Nash'ten
Ah tanrım yaklaşık 20 dakikadır Allison'ı uyandırmaya çalışıyorum ve onun gibi narin bir kızın kendini dağıtıp uyumasını izlemek çok komik.
"Tanrım Ally hadi ama sıkıldım" diye sitem ettim. Kafasını gömdüğü yastığından kaldırıp "Hmm sıkıldıysan gidebilirsin Nashty" ağzının arasında birşeyler gevelemesi beni iyice sinir etmişti.
"Ben gidiyorum oyuncak ayı uyanıp kendine geldiğinde aşağıya gel."diyip odadan çıktım. Kendimi koltuğa atıp kanalları gezinmeye başladım. Telefonumu elime aldım ve gelen mesajlara baktım
Kimden:Johnson
Dostum bugün kaynaşmak amaçlı beraber birşeyler yapalım diyoruz. Bir programın yoksa sende gel.
Kime:Johnson
Süper olur adamım! Sıkıntıdan patlamak üzereyim. Adresi mesaj at yarım saate oradayım.
Bir elinde mısır gevreği bir elinde telefonuyla bakış açıma giren Allison "Bizimkiler buluşuyormuş gidelim mi ikiz?"dedi.
"Seni bilmem uyuyan güzel ama ben gideceğim."dedim. "Ne kadar zamanımız var?" dediğinde "15 dakika kadar"diye yanıtladım onu. "AMAN TANRIM 15 DAKİKA İÇERİSİNDE NASIL HAZIRLANACAĞIM?"diye cırladı.
Yarım saat olmasına rağmen ona 15 dakika demiştim çünkü zaten hazırlanması sağlam 45 dakikamızı alacaktı. "Hadi koş hazırlan seni beklemem." Dedim.Mısır gevreğini sertçe orta sehpaya bırakıp koşarak yukarı çıktı.
Allison'dan
Bir hışımla kendimi odama attığımda maşamı fişe taktım o ısınırken ne giyeceğime karar vermek için dolabımın karşısına geçtim.Siyah kot bahçivanımı alıp yatağıma fırlattım. İçimede renkli göbeğimin hemen üzerinde biten bir tişört çıkarttım. Hızlıca saçlarımı yapıp üzerimi giydim. Bahçivanımın paçalarını kıvırıp klasik koyu pembe vanslarımı elime aldım. Şarja taktığım telefonumu çekip saate baktım 25 dakika, hiç fena değil.
"ALLİSON KÖK SALACAĞIM BURDA HADİ!" hızla merdivenleri inip sinirle soluyan sesin kaynağına gittim. Elinde tuttuğu anahtarı çekip en şirin gülümsememle "Hadi gidelim" dedim.
Masada sessizlik hakimdi. Gilinsky elindeki telefonu sertçe masaya bırakıp konuştu "Kaynaşmak amaçlı düzenlediğimiz buluşmada hepimiz telefonlarımızla ilgileniyoruz. Hadi ama çocuklar bir WhatsApp grubumuz var zaten" ne diyebilirdimki haklıydı. Aşağı yukarı başımı salladım. Mahogany bana dönüp sırıttı. "Biraz kız muhabbeti yapmalıyız."

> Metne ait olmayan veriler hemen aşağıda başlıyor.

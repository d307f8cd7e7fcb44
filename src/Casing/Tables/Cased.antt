-- ===== src/Casing/Tables/Cased.antt =====
-- `internal::dchar_is_cased` (sys.Text/data/UnicodeCasing.h): the cased code points, as ranges of code points.
mod From0041
mod FromA77E
use libcxxext.Prelude.{
  ℕ, ◌+◌, ◌-◌, ◌%◌, Bool, true, false, ◌&&◌, List, [], ◌∷◌, ◌++◌, ltb, leb, ◌==◌, if◌then◌else◌,
}
use libcxxext.Casing.Lookup.{in_ranges}
use libcxxext.Casing.Tables.Cased.From0041.{
  is_cased_from_0041, is_cased_from_0121, is_cased_from_01b7, is_cased_from_0252,
  is_cased_from_03a8, is_cased_from_043f, is_cased_from_04dd, is_cased_from_057d,
  is_cased_from_13d3, is_cased_from_1d34, is_cased_from_1e0a, is_cased_from_1ea0,
  is_cased_from_1f3a, is_cased_from_1fe9, is_cased_from_24e3, is_cased_from_2c8f,
  is_cased_from_a652,
}
use libcxxext.Casing.Tables.Cased.FromA77E.{
  is_cased_from_a77e, is_cased_from_ab63, is_cased_from_ff5a, is_cased_from_104f9,
  is_cased_from_10c96, is_cased_from_118ba, is_cased_from_16ed2, is_cased_from_1d495,
  is_cased_from_1d53c, is_cased_from_1d5d8, is_cased_from_1d66e, is_cased_from_1d709,
  is_cased_from_1d7a4, is_cased_from_1e90e,
}

pub is_cased : ℕ → Bool
is_cased c = in_ranges c (
    is_cased_from_0041 ++ is_cased_from_0121 ++ is_cased_from_01b7 ++ is_cased_from_0252
    ++ is_cased_from_03a8 ++ is_cased_from_043f ++ is_cased_from_04dd ++ is_cased_from_057d
    ++ is_cased_from_13d3 ++ is_cased_from_1d34 ++ is_cased_from_1e0a ++ is_cased_from_1ea0
    ++ is_cased_from_1f3a ++ is_cased_from_1fe9 ++ is_cased_from_24e3 ++ is_cased_from_2c8f
    ++ is_cased_from_a652 ++ is_cased_from_a77e ++ is_cased_from_ab63 ++ is_cased_from_ff5a
    ++ is_cased_from_104f9 ++ is_cased_from_10c96 ++ is_cased_from_118ba ++ is_cased_from_16ed2
    ++ is_cased_from_1d495 ++ is_cased_from_1d53c ++ is_cased_from_1d5d8 ++ is_cased_from_1d66e
    ++ is_cased_from_1d709 ++ is_cased_from_1d7a4 ++ is_cased_from_1e90e)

Elleriyle çocukları gösterdi. "Hadi ama 11 taneler!" bir kahkaha patlatıp çantamı elime aldım. Beraber tuvaletin yolunu tuttuk. Mahogany işlerini hallederken makyajımı tazeliyordum. İyi göründüğümden emin olduğumda makyaj çantama rujumu koyup fermuarını çektim.
Mahogany ellerini yıkarken bir kızın bana garip bakışlarını farkedip ona döndüm. Kız çığlığı bastığında Mahogany yanımda bitti. "AMAN TANRIM MAHOGANY LOX VE ALLY GRİER!" Kızı sakinleştirmeye çalışırken kapı açıldığında refleks olarak oraya baktım. Çocuklar gelmişti. Hep bir ağızdan konuştuklarıda hiçbirşey anlamamıştım. "Nasıl oldu" "Buda kim?" "Bayılmışmı" "AMAN TANRIM ALLİSON VE MAHOGANY!" "Hastaneyemi götürsek?" "Tecavüz mü etmişler ?"dalga geçen kişiyi seçtiğimde sinirle bir nefes verdim.
"Bakalım,kız bizi gördü çığlığı patlattı Carter. Kim olduğunu bilmiyorum Johnson. Evet bayılmış Taylor. Kes çeneni Nash. Bencede hastaneye götürmeliyiz Cameron. Yok daha neler." aman tanrım herkesin adını saymıştım. Ama o kim hiç bilmiyorum ve umrumdada değil. Aaron boş boş bakmayı bırakıp kızı kucaklamayı akıl ettiğinde apar topar cafeden çıktık. Arabalara yerleşip yola koyulduk.
Hastane kokusu ciğerlerime dolduğunda tiksintiyle etrafa baktım. Hastanelerden nefret ederim. Şu lanet koku midemin bulanmasına yetiyor. Etrafıma baktığımda diğerlerininde durumu benden farklı değildi.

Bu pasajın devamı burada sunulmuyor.